I do take issue with the idea that WWI interupted progressivism, if anything W. Wilson's presidentcy was as close to fascism as we likely will ever see in America. Otherwise, right on!


----------



## PLYMCO_PILGRIM (Jan 25, 2010)

Ragnar said:


> PLYMCO_PILGRIM said:
> 
> 
> > slackjawed said:
> ...



Thanks man.  Its healthy to disagree with some stuff.   Like I said in my opinion communism at its purest of intentions is a good form of government, its just that you can't translate those intentions into reality without human nature getting in the way.

Therefore we are left with the one great forum of government, OURS.  

Americanism, Constitutionalism, Republicism (no not republicans read THE REPUBLIC), Individualism, Federalism, capitalism....my list of good isms is growing


----------



## Bill O'Olberman (Jan 25, 2010)

Yeah down with anything collectivist. Wait, isnt Christianity a belief set thats supposed to be rooted in altruism/collectivism?


----------



## slackjawed (Jan 25, 2010)

Bill O'Olberman said:


> Yeah down with anything collectivist. Wait, isnt Christianity a belief set thats supposed to be rooted in altruism/collectivism?
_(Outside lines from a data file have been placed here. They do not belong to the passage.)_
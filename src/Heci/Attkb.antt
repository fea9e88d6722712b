-- ===== src/Heci/Attkb.antt =====
-- heci.c: `get_attkb_size` and `get_attkb`, which read the attestation keybox in pieces, and the
-- messages of lib/heci/cse_msg.h. The data buffer is a list of 127 words; a request and its
-- response lie over the same words. The keybox buffer is a list of bytes.
pub mod Serves
pub mod Retrieve
pub mod Faults
pub mod Transport
pub mod Engine
use trusty_platform_sand.Base.{
  ℕ, zero, suc, ◌+◌, ◌-◌, ◌*◌, ◌%◌, ◌^◌, min, ℤ, pos, is_negative, not, ◌||◌, Bool, Option, none,
  some, List, [], ◌∷◌, ◌++◌, ltb, leb, ◌==◌, if◌then◌else◌, length, get_or, take, drop, replicate,
}
use mathlib.Core.Option
use trusty_platform_sand.Base.Io.{Io, pure, no_fuel, out_of_bounds, ◌>>=◌}
use trusty_platform_sand.Heci.Regs.{bits}
use trusty_platform_sand.Heci.Receive.{Machine, heci_send_w_ack}

-- MCA_MKHI_BOOTLOADER_READ_ATTKB_GRP_ID, MCA_MKHI_BOOTLOADER_READ_ATTKB_EX_CMD_REQ
abbrev pub read_attkb_grp_id : ℕ
read_attkb_grp_id = 0x0A

abbrev pub read_attkb_ex_cmd_req : ℕ
read_attkb_ex_cmd_req = 0x1A

-- The sizes of the two messages, HECI_MSG_SIZE and ALIGNED_MAX_TRANSFER_BUFFER
abbrev pub request_size : ℕ
request_size = 12

abbrev pub heci_msg_size : ℕ
heci_msg_size = 2 ^ 9 - 1

abbrev pub aligned_max_transfer_buffer : ℕ
aligned_max_transfer_buffer = (heci_msg_size - 12) - (heci_msg_size - 12) % 4

-- BIOS_FIXED_HOST_ADDR, BIOS_SEC_ADDR
abbrev pub bios_fixed_host_addr : ℕ
bios_fixed_host_addr = 0

abbrev pub bios_sec_addr : ℕ
bios_sec_addr = 0x7

-- sizeof(DataBuffer), in both functions
abbrev pub data_buffer_size : ℕ
data_buffer_size = 12 + aligned_max_transfer_buffer

-- A MCA_BOOTLOADER_READ_ATTKB_EX_Request in a cleared buffer: the header, the offset and the size
-- (both 16 bits wide), and the flag that asks for encryption.
unfoldable pub request : ℕ → ℕ → List ℕ
request offset size =
    (read_attkb_grp_id + read_attkb_ex_cmd_req * 2 ^ 8)
    ∷ (offset % 2 ^ 16 + size % 2 ^ 16 * 2 ^ 16)
    ∷ 1
    ∷ replicate 124 0

-- The fields of a MCA_BOOTLOADER_READ_ATTKB_EX_Response in the buffer.
unfoldable pub result : List ℕ → ℕ
result buf = bits (get_or buf 0 0) 24 8

unfoldable pub total_file_size : List ℕ → ℕ
total_file_size buf = bits (get_or buf 1 0) 0 16

unfoldable pub read_size : List ℕ → ℕ
read_size buf = bits (get_or buf 2 0) 0 16

-- The bytes of the words, the low byte first.
unfoldable pub word_bytes : List ℕ → List ℕ
word_bytes [] = []
word_bytes (w ∷ ws) = bits w 0 8 ∷ bits w 8 8 ∷ bits w 16 8 ∷ bits w 24 8 ∷ word_bytes ws

unfoldable pub file_data : List ℕ → List ℕ
unfolding word_bytes
file_data buf = word_bytes (drop 3 buf)

-- The copy of `bytes` to an offset of the keybox buffer.
unfoldable pub copy_bytes : List ℕ → ℕ → List ℕ → Io (List ℕ)
copy_bytes attkb offset bytes =
    if leb (offset + length bytes) (length attkb)
    then pure (take offset attkb ++ (bytes ++ drop (offset + length bytes) attkb))
    else out_of_bounds

-- A keybox: the size that is returned, and the buffer.
abbrev pub Keybox : Type 0
Keybox = ℕ × List ℕ

-- A request and its response in the data buffer, with a status.
abbrev pub Exchange : Type 0
Exchange = List ℕ → Io (ℤ × List ℕ)

module _ (exchange : Exchange) where
  -- `(status < 0) || (Resp->Header.Fields.Result != 0)`
  abbrev pub failed : ℤ → List ℕ → Bool
  failed status buf = is_negative status || not (result buf == 0)

  unfoldable pub get_attkb_size : Io ℕ
  unfolding result total_file_size
  get_attkb_size = do
    answer ← exchange (request 0 0)
    let (status, buf) = answer
    if failed status buf then pure 0 else pure (total_file_size buf)

  module _ (attkb_size : ℕ) where
    -- `while (remaining_attkb_size)`, with as many rounds as the first argument.
    unfoldable pub attkb_loop : ℕ → ℕ → ℕ → List ℕ → Io Keybox
    unfolding result read_size file_data copy_bytes
    attkb_loop zero remaining offset attkb = no_fuel
    attkb_loop (suc rounds) remaining offset attkb =
        if remaining == 0 then pure (attkb_size, attkb) else do
          let req_size = min remaining aligned_max_transfer_buffer % 2 ^ 16
          answer ← exchange (request offset req_size)
          let (status, buf) = answer
          let size = read_size buf
          if failed status buf || (ltb remaining size || ltb req_size size)
              then pure (0, attkb)
              else (do
                attkb' ← copy_bytes attkb offset (take size (file_data buf))
                attkb_loop rounds (remaining - size) (offset + size) attkb')

  unfoldable pub get_attkb : ℕ → Option (List ℕ) → Io (ℕ × Option (List ℕ))
  get_attkb fuel none = pure (0, none)
  get_attkb fuel (some attkb) = do
    attkb_size ← get_attkb_size
    if attkb_size == 0 then pure (0, some attkb) else do
      keybox ← attkb_loop attkb_size fuel attkb_size 0 attkb
      let (size, attkb') = keybox
      pure (size, some attkb')

-- The exchange over the transport; the status is that of HeciSendwACK.
unfoldable pub heci_exchange : Machine → ℕ → Exchange
heci_exchange m fuel buf = do
  r ←
      heci_send_w_ack m fuel (some buf) request_size (some data_buffer_size) bios_fixed_host_addr
        bios_sec_addr
  pure (pos r.status, Option.get_or r.message buf)
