-- ===== src/DeviceInfo.antt =====
-- lib/syscall/syscall_x86.c: the system call that gives a trusted application the device's
-- information, with the structures of include/shared/trusty_device_info.h and the identities of
-- include/shared/trusty_apps_uuid.h. The heap, the copy to the user's memory and `memcpy_s` are
-- the kernel's; what they do is a parameter.
pub mod Permission
pub mod Serve
pub mod Secrecy
pub mod Delivery
pub mod Registers
mod Tests
use trusty_platform_sand.Base.{ℕ, ◌≡◌, List, Bool, Option}
use trusty_platform_sand.Base.Io.{Device}
use trusty_platform_sand.Heci.Attkb.{Exchange}

-- `device_sec_info_t`; the lists of seeds and the keys are bytes.
pub record DeviceSecInfo : Type 0 where
  pub size_of_this_struct : ℕ
  pub version : ℕ
  pub platform : ℕ
  pub flags : ℕ
  pub pad1 : ℕ
  pub num_seeds : ℕ
  pub useed_list : List ℕ
  pub dseed_list : List ℕ
  pub rpmb_key : List ℕ
  pub attkb_enc_key : List ℕ
  pub serial : List ℕ
  pub pad2 : ℕ

-- `trusty_device_info_t`
pub record TrustyDeviceInfo : Type 0 where
  pub sec_info : DeviceSecInfo
  pub attkb_size : ℕ

-- sizeof(seed_info_t[CSE_SEED_MAX_ENTRIES]), sizeof(rpmb_key), sizeof(attkb_enc_key)
abbrev pub seed_list_size : ℕ
seed_list_size = 680

abbrev pub rpmb_key_size : ℕ
rpmb_key_size = 384

abbrev pub attkb_enc_key_size : ℕ
attkb_enc_key_size = 32

-- sizeof(device_sec_info_t), sizeof(trusty_device_info_t)
abbrev pub sizeof_device_sec_info : ℕ
sizeof_device_sec_info = 1816

abbrev pub sizeof_trusty_device_info : ℕ
sizeof_trusty_device_info = 1820

-- `uuid_t`
pub record Uuid : Type 0 where
  pub time_low : ℕ
  pub time_mid : ℕ
  pub time_hi_and_version : ℕ
  pub clock_seq_and_node : List ℕ

-- What the call leaves outside: the copies to the user's memory and the blocks given back to the
-- heap with what they hold, each the latest first.
pub data Copy : Type 0 where
  info_at : ℕ → TrustyDeviceInfo → Copy
  keybox_at : ℕ → List ℕ → Copy

pub data Block : Type 0 where
  info_block : TrustyDeviceInfo → Block
  keybox_block : List ℕ → Block

pub record Kernel : Type 0 where
  pub copied : List Copy
  pub freed : List Block

-- A call returns, or the kernel stops.
pub data Reply (A : Type 0) : Type 0 where
  ret : A → Reply A
  panic : Reply A

-- NO_ERROR, ERR_NOT_ALLOWED, ERR_NO_MEMORY and ERR_GENERIC
pub data Status : Type 0 where
  no_error err_not_allowed err_no_memory err_generic : Status

-- `uuid` is that of the current application. A block comes with what the memory holds. `memcpy_s`
-- takes the destination with its size and the source with the size to copy; it answers whether it
-- succeeded, with the destination. `copy_to_user` answers whether the range is the user's.
pub record Env : Type 0 where
  pub uuid : Uuid
  pub malloc : Option TrustyDeviceInfo
  pub memalign : Option (List ℕ)
  pub memcpy_s : DeviceSecInfo → ℕ → DeviceSecInfo → ℕ → Bool × DeviceSecInfo
  pub copy_to_user : ℕ → ℕ → Bool
  pub ports : Device
  pub exchange : Exchange
  pub fuel : ℕ
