-- ===== src/Users/Profiles.antt =====
-- `UpdateProfile` of internal/users/service.go, as `GetUser` sees it afterwards.
use cyandie_backend.Common.{
  ℕ, String, Option, none, some, false, find, ◌==◌, ◌≡◌, refl, sym, ap, ◌∙◌, arith, Bool-cases,
  Option-cases, inl, inr,
}
use cyandie_backend.Core.Errors.{ok}
use cyandie_backend.Db.Rows.{DbResult-cases, row}
use cyandie_backend.Db.Users.{
  Accounts, AccountEnv, get_user_by_id_q, get_user_by_id, update_user_profile, coalesce,
}
use cyandie_backend.Db.Users
use cyandie_backend.Db.Users.Updates.{get_user_by_id-update_user_profile}
use cyandie_backend.Uuid.{UuidCodec}
use cyandie_backend.Users.{User, UpdateProfileRequest, string_of, to_user, get_user, update_profile}

-- A given text replaces the old one.
abbrev pub given_or : Option String → String → String
given_or none old = old
given_or (some new) old = new

string_of-coalesce : (a b : Option String) → string_of (coalesce a b) ≡ given_or a (string_of b)
string_of-coalesce none b = refl
string_of-coalesce (some s) b = refl

get_user_by_id-found :
    (env : AccountEnv) (id : ℕ) (t : Accounts) (v : Users.User)
    → get_user_by_id env id t ≡ row v
    → (env.fails get_user_by_id_q ≡ false) × (find (λ u. u.id == id) t.users ≡ some v)
unfolding get_user_by_id
get_user_by_id-found env id t v h = elim (Bool-cases (env.fails get_user_by_id_q)) [
  | inl broken ↦ ground (arith, broken, h)
  | inr works ↦ elim (Option-cases (find (λ u. u.id == id) t.users)) [
    | inl absent ↦ ground (arith, works, absent, h)
    | inr (u, found) ↦ (works, found ∙ ap some (ground (arith, works, found, h)))
  ]
]

module _ (u : UuidCodec) where
  -- After `UpdateProfile` returns without an error, `GetUser` gives what it gave before, with the fields that
  -- the request had set to what it had.
  pub get_user-update_profile :
      (env later : AccountEnv) (id : String) (req : UpdateProfileRequest) (t : Accounts) (v : User)
      → (get_user u later id t).0 ≡ ok v
      → (update_profile u env id req t).0 ≡ ok tt
      → (get_user u later id (update_profile u env id req t).1).0
        ≡ ok (record v {
          display_name = given_or req.display_name v.display_name;
          avatar_url = given_or req.avatar_url v.avatar_url;
        })
  unfolding get_user update_profile
  get_user-update_profile env later id req t v before done = elim (Option-cases (u.parse id)) [
    | inl bad ↦ ground (arith, bad, before)
    | inr (uid, parsed) ↦ elim (DbResult-cases (get_user_by_id later uid t)) [
      | inr (inl missing) ↦ ground (arith, parsed, missing, before)
      | inr (inr broken) ↦ ground (arith, parsed, broken, before)
      | inl (x, known) ↦
          elim (DbResult-cases (update_user_profile env req.display_name req.avatar_url uid t).0) [
            | inr (inl missing) ↦ ground (arith, parsed, missing, done)
            | inr (inr broken) ↦ ground (arith, parsed, broken, done)
            | inl (y, changed) ↦
                let (works, found) = get_user_by_id-found later uid t x known in
                let shown : to_user u x ≡ v = ground (arith, parsed, known, before) in
                let after =
                  get_user_by_id-update_user_profile env later req.display_name req.avatar_url uid t
                    y x works found changed in
                rw
                  (
                    parsed,
                    changed,
                    after,
                    sym shown,
                    string_of-coalesce req.display_name x.display_name,
                    string_of-coalesce req.avatar_url x.avatar_url,
                  )
                  refl
          ]
    ]
  ]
and it is not a form of government, at least at the moment.
deflection fails


----------



## Bfgrn (Jan 25, 2010)

PLYMCO_PILGRIM said:


> slackjawed said:
> 
> 
> > I am for individualism, including all the responsibilities that come with it, in order to enjoy the freedom that it entails.
> ...



Marxists criticize this use of the term "collectivism," on the grounds that all societies are based on class interests and therefore all societies could be considered "collectivist." Even the liberal ideal of the free individual is seen from a Marxist perspective as a smokescreen for the collective interests of the capitalist class. Social anarchists argue that "individualism" is a front for the interests of the upper class. As anarchist Emma Goldman wrote:

    'rugged individualism'... is only a masked attempt to repress and defeat the individual and his individuality. So-called Individualism is the social and economic laissez-faire: the exploitation of the masses by the [ruling] classes by means of legal trickery, spiritual debasement and systematic indoctrination of the servile spirit ... That corrupt and perverse 'individualism' is the straitjacket of individuality. ... [It] has inevitably resulted in the greatest modern slavery, the crassest class distinctions driving millions to the breadline. 'Rugged individualism' has meant all the 'individualism' for the masters, while the people are regimented into a slave caste to serve a handful of self-seeking 'supermen.' ... Their 'rugged individualism' is simply one of the many pretenses the ruling class makes to mask unbridled business and political extortion.

Ludwig von Mises wrote:

    On the other hand the application of the basic ideas of collectivism cannot result in anything but social disintegration and the perpetuation of armed conflict. It is true that every variety of collectivism promises eternal peace starting with the day of its own decisive victory and the final overthrow and extermination of all other ideologies and their supporters. ... As soon as a faction has succeeded in winning the support of the majority of citizens and thereby attained control of the government machine, it is free to deny to the minority all those democratic rights by means of which it itself has previously carried on its own struggle for supremacy.
Wapedia - Wiki: Collectivism


----------



## Bill O'Olberman (Jan 25, 2010)

slackjawed said:


> Bill O'Olberman said:
> 
> 
> > Yeah down with anything collectivist. Wait, isnt Christianity a belief set thats supposed to be rooted in altruism/collectivism?
> ...



Christians attempt to use the government in much the same way progressivists attempt to use the government as a mechanism to achieve their ideal of "the greater good." 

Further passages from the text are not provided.